He was a man of many moods, that's certain. I love the nationalism of the Lemminkainen suite and its incredible story -- first Lemminkainen makes love to 1,000 virgins, then is attacked by their suitors and hacked into pieces, after which his mother sews him together again and he makes a triumphant return. This is a better story than anything Dvorak dreamed up about witches or other hobgoblins.

But even here it is difficult for me to listen to the whole thing in one setting without becoming impatient. It appears I have to be of a certain mood or particular time to hear it all. I think possibly his music requires more patience than I am wont to offer sometimes.


----------



## DeepR (Apr 13, 2012)

My first Sibelius was the 7th and it became one of my favorite pieces of music.
I believe someone on this forum once wrote that it's one of the most difficult Sibelius pieces to get into. But I wanted to get to know this composer and I was up for a challenge. At first, I couldn't make heads or tails out of it. But I simply kept listening until it revealed itself to me. It's one of the most brilliant pieces I know. There's a kind of organic flow to it that I've rarely heard elsewhere. Now I sometimes whistle some of its themes, even the barely whistleable ones, when they suddenly pop up in my head. 
This reminds me I still have to listen to a number of his symphonies and other orchestral pieces.


----------



## eugeneonagain (May 14, 2017)

Woodduck said:


> as if Sibelius has stood before nature and emptied himself, letting the wind in the trees and the rustle of tiny creatures tell their secrets.


We all get caught short at times.:lol:

I'm a relative latecomer to Sibelius, after ignoring symphonic works for many years, and I found all his symphonies quite easy to listen to. No real duds. 
His popular works _Tapiola_ and _Finlandia_ do nothing for me. I accept this for what it is. There is no ruling that says you have to like everything without exception. The OP is lucky to have enjoyed Sibelius; I don't think not liking everything counts as have 'trouble connecting'.


----------



## GraemeG (Jun 30, 2009)

Sibelius' comments about offering cold water in contrast to other composers' cocktails sums up his music nicely. I think of it not so much as being of Nature, but more primal somehow. In contrast to Bruckner, whose music I find to be singularly 'cosmic' in scale, Sibelius flits between the vastness of space and the minuteness of quantum physics. Sometimes it's 'obvious'; all the little scurrying fragments in the finale of Symphony 5 that build to the big tune, other times it seems to be so many molecules under a microscope that build only fleetingly to some vast vision, like much of Symphonies 6 & 7. His orchestration is all wet greys and blacks, with such a remote sense - his bassoons have a gnawing bleakness that I hear nowhere else - it sounds often to me like a universe in creation, but in atmospheric black and white.
And although I don't hear 'humanity' in his music, I hear organisms. It's alien music, yet wondrous and intoxicating at the same time. I think Brahms would have liked it too.
Graeme


----------



## R3PL4Y (Jan 21, 2016)

Sibelius is probably the composer that I connect the most with (And I live in Michigan too, so its definitely not the weather!). His music to me always evokes nature, but it also always seems to have a sort of elusive quality to it that I think results from the way that his rhythms, harmonies, themes, etc. are always just a little unorthodox.


----------



## SONNET CLV (May 31, 2014)

Anyone else have trouble connecting with Sibelius? 
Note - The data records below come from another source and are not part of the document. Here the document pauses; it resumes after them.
-- ===== src/Chat/Cache.antt =====
-- The copy of `messagesByConv` that client/src/store/chatStore.ts keeps in localStorage.
use dfchat.Common.{
  ◌-◌, ◌≤◌, String, ◌≡◌, refl, ap, ◌∙◌, false, none, some, List, [], ◌∷◌, reverse, arith, ◌==◌,
  eq_iff, length, slice_last, length-slice_last-le, Bool-cases, inl, inr,
}
use dfchat.Common.Dict.{Dict, get, put, get-put}
use dfchat.Types.{ChatMessage}
use dfchat.Chat.{
  Client, CachedText, messages, other, malformed, msg_cache_limit, cache_messages, archive_append,
  archive_remove, set_conv,
}
use dfchat.Chat.Messages.{conv_of, archive_each, set_messages, load_all_cached}
use dfchat.Chat.Frames.{
  chat-cache_messages, chat-archive_append, chat-archive_remove, conv_of-set_conv,
  chat-archive_each, cache-archive_append, cache-archive_remove, cache-archive_each,
}
use dfchat.Chat.Lists.{IsUnique, drop-IsUnique}

-- A cached text that a setter wrote: at most fifty messages, none of them twice.
abbrev pub IsTidyText : CachedText → Type 0
IsTidyText (messages ms) = (length ms ≤ msg_cache_limit) × IsUnique ms
IsTidyText _ = ⊥

abbrev pub IsTidy : Dict CachedText → Type 0
IsTidy [] = Unit {0}
IsTidy ((k, t) ∷ rest) = IsTidyText t × (get k rest ≡ none) × IsTidy rest

pub put-IsTidy :
    (k : String) (t : CachedText) (m : Dict CachedText)
    → IsTidyText t
    → IsTidy m
    → IsTidy (put k t m)
unfolding put get
put-IsTidy k t [] h tidy = (h, refl, tt)
put-IsTidy k t ((j, s) ∷ m) h (hs, new, tidy) = elim (Bool-cases (j == k)) [
  | inl hit ↦ rw hit (h, new, tidy)
  | inr miss ↦
      rw miss (hs, ground (arith, get-put k j t m, eq_iff k j, eq_iff j k), put-IsTidy k t m h tidy)
]

-- A tidy cache is restored as it stands.
pub get-load_all_cached :
    (k : String) (m : Dict CachedText) (ms : List ChatMessage)
    → IsTidy m
    → get k m ≡ some (messages ms)
    → get k (load_all_cached m) ≡ some ms
unfolding get load_all_cached
get-load_all_cached k [] ms tidy e = cc
get-load_all_cached k ((j, messages xs) ∷ m) ms (h, new, tidy) e =
    ground (arith, get-load_all_cached k m ms tidy)
get-load_all_cached k ((j, other) ∷ m) ms (h, new, tidy) e = absurd h
get-load_all_cached k ((j, malformed) ∷ m) ms (h, new, tidy) e = absurd h

pub restored-IsTidyText :
    (k : String) (m : Dict CachedText) (ms : List ChatMessage)
    → IsTidy m
    → get k (load_all_cached m) ≡ some ms
    → IsTidyText (messages ms) × (get k m ≡ some (messages ms))
unfolding get load_all_cached
restored-IsTidyText k [] ms tidy e = cc
restored-IsTidyText k ((j, messages xs) ∷ m) ms (h, new, tidy) e = elim (Bool-cases (j == k)) [
  | inl hit ↦ let same : xs ≡ ms = ground (arith, hit) in rw (← same) (h, ground (arith, hit))
  | inr miss ↦
      let (t, e') = restored-IsTidyText k m ms tidy (ground (arith, miss)) in
      (t, ground (arith, miss, e'))
]
restored-IsTidyText k ((j, other) ∷ m) ms (h, new, tidy) e = absurd h
restored-IsTidyText k ((j, malformed) ∷ m) ms (h, new, tidy) e = absurd h

-- localStorage takes the writes, holds what the setters wrote, and has for every conversation in
-- memory its last fifty messages.
pub record IsMirrored (c : Client) : Type 0 where
  pub room : c.quota ≡ false
  pub tidy : IsTidy c.cache
  pub copied :
      (k : String) (ms : List ChatMessage)
      → conv_of k c ≡ some ms
      → get k c.cache ≡ some (messages (slice_last msg_cache_limit ms))

-- Calls of the archive and of the sequence store show in none of this.
pub frame-IsMirrored :
    (c d : Client)
    → d.chat ≡ c.chat
    → d.cache ≡ c.cache
    → d.quota ≡ c.quota
    → IsMirrored c
    → IsMirrored d
frame-IsMirrored c d chat cache quota m = record {
  room = quota ∙ m.room;
  tidy = rw cache m.tidy;
  copied = λ k ms e. rw cache (m.copied k ms (ground (arith, chat)));
}

cache-cache_messages :
    (k : String) (ms : List ChatMessage) (c : Client)
    → c.quota ≡ false
    → ((cache_messages k ms c).cache ≡ put k (messages (slice_last msg_cache_limit ms)) c.cache)
      × ((cache_messages k ms c).quota ≡ c.quota)
unfolding cache_messages
cache-cache_messages k ms c room = rw room (refl, refl)

-- Both writes of a setter, with calls of the archive in between or before.
written-IsMirrored :
    (k : String) (ms : List ChatMessage) (c d : Client)
    → IsUnique ms
    → d.chat ≡ c.chat
    → d.cache ≡ put k (messages (slice_last msg_cache_limit ms)) c.cache
    → d.quota ≡ c.quota
    → IsMirrored c
    → IsMirrored (set_conv k ms d)
unfolding set_conv
written-IsMirrored k ms c d u chat cache quota m = record {
  room = quota ∙ m.room;
  tidy = rw cache (
      put-IsTidy k (messages (slice_last msg_cache_limit ms)) c.cache
        (length-slice_last-le msg_cache_limit ms, drop-IsUnique (length ms - msg_cache_limit) ms u)
        m.tidy);
  copied = λ j xs e. rw cache (elim (Bool-cases (k == j)) [
    | inl hit ↦
        let same : ms ≡ xs = ground (arith, conv_of-set_conv d k j ms, hit) in
        rw (get-put k j (messages (slice_last msg_cache_limit ms)) c.cache, hit)
          (ap (λ l. some (messages (slice_last msg_cache_limit l))) same)
    | inr miss ↦
        rw (get-put k j (messages (slice_last msg_cache_limit ms)) c.cache, miss)
          (m.copied j xs (ground (arith, conv_of-set_conv d k j ms, miss, chat)))
  ]);
}

pub stored-IsMirrored :
    (k : String) (ms : List ChatMessage) (c : Client)
    → IsUnique ms
    → IsMirrored c
    → IsMirrored (set_conv k ms (cache_messages k ms c))
stored-IsMirrored k ms c u m =
    let (cache, quota) = cache-cache_messages k ms c m.room in
    written-IsMirrored k ms c (cache_messages k ms c) u (chat-cache_messages c k ms) cache quota m

pub append_frame : (m : ChatMessage) (c : Client) → IsMirrored c → IsMirrored (archive_append m c)
append_frame m c h =
    let (cache, quota) = cache-archive_append c m in
    frame-IsMirrored c (archive_append m c) (chat-archive_append c m) cache quota h

each_frame : (ms : List ChatMessage) (c : Client) → IsMirrored c → IsMirrored (archive_each ms c)
each_frame ms c h =
    let (cache, quota) = cache-archive_each ms c in
    frame-IsMirrored c (archive_each ms c) (chat-archive_each ms c) cache quota h

pub set_messages-IsMirrored :
    (k : String) (ms : List ChatMessage) (c : Client)
    → IsUnique (reverse ms)
    → IsMirrored c
    → IsMirrored (set_messages k ms c)
unfolding set_messages
set_messages-IsMirrored k ms c u m =
    let ordered = reverse ms in
    let first = cache_messages k ordered c in
    let (cache, quota) = cache-archive_each ordered first in
    let (cache', quota') = cache-cache_messages k ordered c m.room in
    written-IsMirrored k ordered c (archive_each ordered first) u
      (chat-archive_each ordered first ∙ chat-cache_messages c k ordered) (cache ∙ cache')
      (quota ∙ quota') m

pub remove_frame : (id : String) (c : Client) → IsMirrored c → IsMirrored (archive_remove id c)
remove_frame id c h =
    let (cache, quota) = cache-archive_remove c id in
    frame-IsMirrored c (archive_remove id c) (chat-archive_remove c id) cache quota h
Yeah, me. He never writes back. I can't get a working phone number for the man. And his presence on Social Media is like totally zero! Hello? Can you hear me? Jean … are you out there?


----------



## TwoFlutesOneTrumpet (Aug 31, 2011)

Sibelius is among my favourites. His music is like no other composer's (true of all the greats). I especially love all of his symphonies; the 4th took the longest to crack and the 7th almost as long but now is among my most treasured works. The tone poems are wonderful too and so is the Violin concerto but it's his symphonies that make the greatest connection for me.


----------